Similar to the above about queries, sometimes people turn to caching to solve problems with request timeouts during view rendering. Again, this isn’t going to actually solve the problem, just (maybe) push it off for a bit.

Usually, those slow view renderings are database queries in disguise. Look for N+1 query behavior. Are you loading too much data in a page?

It “might” be slow

Often people slap caching on things they think will be slow. Equally often, they’re wrong. Unless you’ve done analysis to back up the idea, this is premature optimization. You’re ponying up for the costs of caching without being sure they’re worth paying.

The costs of caching

Although adding a cache could increase your server costs, that’s no the most important one. The most important cost of caching lies with developers and users, not servers. Caches are very hard to reason about, which makes them easy to get wrong, which can cause all kinds of havoc.

In a system without caching, every result simply is what the source of truth says. A user changes a record, that gets committed to the database, the next request shows the new data. Easy peasy.

When caching is involved, stale caches mean what your database tells you isn’t always what users see. This can undermine trust, and in worst cases cause incorrect behavior.

Beyond user-facing consequences, caching means more code. Every data change also needs to worry about caching. Invalidating just the relevant cache keys is a hard problem. Get it wrong and your hit rates plummet, or you serve stale data, or maybe both at once.

Ultimately, we have to weigh the benefits against these costs. Unfortunately, it’s a difficult comparison. The benefits are easily quantifiable and the costs are highly subjective.

The caching equation

When trying to answer “is a cache making things faster”, there’s a relatively simple formula to use. Keep in mind that our cache system is its own data store, with its own access time.

hit_rate # % of cache lookups with validly cached data
miss_rate # 100 - hit_rate
lookup_time # time (ms) to consult the cache (hit or miss)
query_time # time(ms) to run the query
fractional_hit_cost = hit_rate * lookup_time
fractional_miss_cost = miss_rate * (lookup_time + query_time)
cached_query_time = fractional_hit_cost + fractional_miss_cost

The difference between cached_query_time and query_time is how much caching is helping (or possibly hurting) you.

The beauty is that you can plug all this into a spreadsheet and play with the numbers. Fill in what you think the hit rate would be, along with lookup and query times, and you’re able to tweak numbers to explore the benefits before doing any coding. What happens if your hit rate is half what you expect? Or if reading from the cache is twice as expensive? Feeling out the edges of this new system before introducing it is very useful.

What is a “good” hit rate

This is a pretty natural question as part of caching decision making, but I think it’s the wrong question.
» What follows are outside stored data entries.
-- ===== src/Map/Dropped.antt =====
-- A heap that holds the pairs of a map but one.
use pillowtalk.Prelude.{
  ◌≡◌, ◌≢◌, ◌∙◌, true, false, inl, inr, Bool-cases, Option, same_bytes, same_bytes_iff, arith,
}
use pillowtalk.Libraries.{Bytes, Ptr, Libraries, holds}
use pillowtalk.Heap.{Obj}
use pillowtalk.Tree.{Pairs, no_pairs, pair, entries_of, addrs, pair_addrs, HoldsPairs}
use pillowtalk.Tree.Footprint.{
  has, Distinct, has-append, Distinct-append, Holds-frame, HoldsPairs-frame,
}
use pillowtalk.Map.Lookup.{get_tree, UniqueKeys, has_key_of_holds}
use pillowtalk.Map.Addresses.{drop_tree, has-get_tree, has_of_holds}

module _ ⦃L : Libraries⦄ where
  pub drop_tree-Holds :
      (ps : Pairs) (c d : Ptr → Option Obj) (m : Ptr) (k : Bytes) (q : Ptr)
      → UniqueKeys ps
      → Distinct (pair_addrs ps)
      → HoldsPairs c m ps
      → holds k q (entries_of ps) ≡ true
      → ((a : Ptr)
          → has a (pair_addrs ps) ≡ true
          → has a (addrs (get_tree k ps)) ≡ false
          → a ≢ q
          → d a ≡ c a)
      → HoldsPairs d m (drop_tree k ps)
  unfolding addrs
  drop_tree-Holds no_pairs c d m k q u dp r i same = tt
  drop_tree-Holds (pair e j t' ps) c d m k q (o, u) (out, dp) (ne, at', rt, rs) i same =
      let (d1, d2, apart) = Distinct-append (addrs t') (pair_addrs ps) dp in
      elim (Bool-cases (same_bytes j k)) [
        | inl eq ↦
            let jk = (same_bytes_iff j k).0 eq in
            let eq_q : e ≡ q = ground (arith, has_key_of_holds k q (entries_of ps)) in
            rw eq (
              HoldsPairs-frame ps m c d
                (λ a i2.
                  same a (ground (arith, has-append a (addrs t') (pair_addrs ps)))
                    (rw eq (ground (arith, apart a)))
                    (λ x. ground (arith, has-append e (addrs t') (pair_addrs ps))))
                rs)
        | inr ne_k ↦
            let in_ps : has q (pair_addrs ps) ≡ true = has_of_holds k q ps (ground arith) in
            rw ne_k (
              ne,
              same e (ground arith)
                    (rw ne_k (
                      ground (arith, has-get_tree k ps e, has-append e (addrs t') (pair_addrs ps))))
                    (λ x. ground (arith, has-append e (addrs t') (pair_addrs ps)))
                  ∙ at',
              Holds-frame t' c d
                  (λ a i2.
                    same a (ground (arith, has-append a (addrs t') (pair_addrs ps)))
                      (rw ne_k (ground (arith, has-get_tree k ps a, apart a)))
                      (λ x. ground (arith, apart a)))
                  rt,
              drop_tree-Holds ps c d m k q u d2 rs (ground arith) λ a i2 i3 nq.
                  same a (ground (arith, has-append a (addrs t') (pair_addrs ps))) (rw ne_k i3) nq,
            )
      ]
A better question would be “is caching worth it”, and the hit rate is only part of that.

If the benefit you’re looking for is in user experience, then will caching move users between those 0.1/1/10 second thresholds? How much developer complexity and user uncertainty is it adding?

If the benefit you want is insulating your data store, how effectively is it doing that? How much load are you eliminating? Are you protected in high usage scenarios? A high hit rate cache of an inexpensive query may not be as useful to you as a lower hit rate for an expensive one.

This isn’t to say that hit rates aren’t important, they definitely can be, just that hard and fast numbers aren’t the best way to evaluate this problem.

When should I cache?

That’s the real question, huh. Unfortunately, like most other complicated things in this discipline, the answer is “it depends”. Hopefully now you’re able to say that too.

You have to weigh the potential user and system benefits against the developer costs in getting caching right, and the business costs when you get it wrong. Those things aren’t reducible to simple math problems, but it definitely helps to go into the situation with them in mind.